Mobile DNA (Jul 2019)
Convergence in LINE-1 nucleotide variations can benefit redundantly forming triplexes with lncRNA in mammalian X-chromosome inactivation
Abstract
Abstract Background Associations between X-inactive transcript (Xist)–long noncoding RNA (lncRNA) and chromatin are critical intermolecular interactions in the X-chromosome inactivation (XCI) process. Despite high-resolution analyses of the Xist RNA-binding sites, specific interaction sequences are yet to be identified. Based on elusive features of the association between Xist RNA and chromatin and the possible existence of multiple low-affinity binding sites in Xist RNA, we defined short motifs (≥5 nucleotides), termed as redundant UC/TC (r-UC/TC) or AG (r-AG) motifs, which may help in the mediation of triplex formation between the lncRNAs and duplex DNA. Results The study showed that r-UC motifs are densely dispersed throughout mouse and human Xist/XIST RNAs, whereas r-AG motifs are even more densely dispersed along opossum RNA-on-the-silent X (Rsx) RNA, and also along both full-length and truncated long interspersed nuclear elements (LINE-1s, L1s) of the three species.
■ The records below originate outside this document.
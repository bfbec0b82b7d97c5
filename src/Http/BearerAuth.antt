-- ===== src/Http/BearerAuth.antt =====
-- src/http/bearer_auth.hpp, and bearer_filter.cpp where it composes the policy, the store and the
-- answer. The logger and the metric of the filter are left out.
pub mod Laws
pub mod Tests
use telegram_rest_gateway.Prelude.{
  ℕ, zero, suc, ◌+◌, ◌-◌, ◌*◌, ◌/◌, ◌%◌, ◌^◌, ◌≤◌, ◌<◌, min, max, ◌≡◌, refl, sym, ap, ◌∙◌, subst,
  ◌≢◌, ◌↔◌, ◌⊎◌, inl, inr, Bool, true, false, ◌&&◌, ◌||◌, not, Option, none, some, List, [], ◌∷◌,
  ◌++◌, map, arith, ltb, leb, ltb→lt, lt→ltb, leb→le, if◌then◌else◌, Bool-cases, Option-cases, Eq,
  ◌==◌, eq_refl, nat_eq, Bytes, bytes_beq_iff, nat_beq_iff, bytes_eq, codes, length, get_elem?,
  get_or, take, drop, keep_if, all, any, length-append, length-keep_if-le, take-append-drop,
  length-take, length-drop, drop-append, take-append, All, All-append,
}
use telegram_rest_gateway.Prelude.Text.{starts_with}
use telegram_rest_gateway.Auth.TokenStore.{Scope, scope_allows, Entry, verify}
use telegram_rest_gateway.Http.ScopePolicy.{required_scope_for}

pub data BearerAuthResult : Type 0 where
  allowed unauthenticated forbidden : BearerAuthResult

abbrev pub bearer_prefix : Bytes
bearer_prefix = codes "Bearer "

-- parseBearerToken: the prefix, and what follows it if that is not empty.
unfoldable pub parse_bearer_token : Bytes → Option Bytes
unfolding starts_with
parse_bearer_token header =
    if leb (length header) (length bearer_prefix)
    then none
    else if not (starts_with header bearer_prefix)
    then none
    else some (drop (length bearer_prefix) header)

abbrev pub judge : Option ℕ → Scope → BearerAuthResult
judge none required = unauthenticated
judge (some scopes) required = if not (scope_allows scopes required) then forbidden else allowed

unfoldable pub evaluate_bearer_auth : Bytes → Scope → (Bytes → Option ℕ) → BearerAuthResult
unfolding parse_bearer_token
evaluate_bearer_auth header required verify_fn = elim (parse_bearer_token header) [
  | none ↦ unauthenticated
  | some token ↦ judge (verify_fn token) required
]

-- The part of an HTTP request that the filter reads.
pub data Method : Type 0 where
  get head other : Method

pub record Request : Type 0 where
  pub path : Bytes
  pub method : Method
  pub authorization : Bytes

abbrev pub is_read_method : Method → Bool
is_read_method get = true
is_read_method head = true
is_read_method other = false

-- The filter passes the request on, or answers with an error code and a status.
pub data Verdict : Type 0 where
  next : Verdict
  fail : Bytes → ℕ → Verdict

abbrev pub answer : BearerAuthResult → Verdict
answer allowed = next
answer forbidden = fail (codes "INSUFFICIENT_SCOPE") 403
answer unauthenticated = fail (codes "UNAUTHENTICATED") 401

unfoldable pub required_scope : Request → Scope
unfolding required_scope_for
required_scope req = required_scope_for req.path (is_read_method req.method)

unfoldable pub do_filter : (sha256 : Bytes → Bytes) → List (Entry sha256) → Request → Verdict
unfolding evaluate_bearer_auth required_scope verify
do_filter sha256 store req =
    answer (evaluate_bearer_auth req.authorization (required_scope req) (verify sha256 store))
Predicted secondary structures of the lncRNAs showed that the length range of these sequence motifs available for forming triplexes was even shorter, mainly 5- to 9-nucleotides long. Quartz crystal microbalance (QCM) measurements and Monte Carlo (MC) simulations indicated that minimum-length motifs can reinforce the binding state by increasing the copy number of the motifs in the same RNA or DNA molecule. Further, r-AG motifs in L1s had a similar length-distribution pattern, regardless of the similarities in the length or sequence of L1s across the three species; this also applies to high-frequency mutations in r-AG motifs, which suggests convergence in L1 sequence variations. Conclusions Multiple short motifs in both RNA and duplex DNA molecules could be brought together to form triplexes with either Hoogsteen or reverse Hoogsteen hydrogen bonding, by which their associations are cooperatively enhanced. This novel triplex interaction could be involved in associations between lncRNA and chromatin in XCI, particularly at the sites of L1s. Potential binding of Xist/XIST/Rsx RNAs specifically at L1s is most likely preserved through the r-AG motifs conserved in mammalian L1s through convergence in L1 nucleotide variations and by maintaining a particular r-UC/r-AG motif ratio in each of these lncRNAs, irrespective of their poorly conserved sequences.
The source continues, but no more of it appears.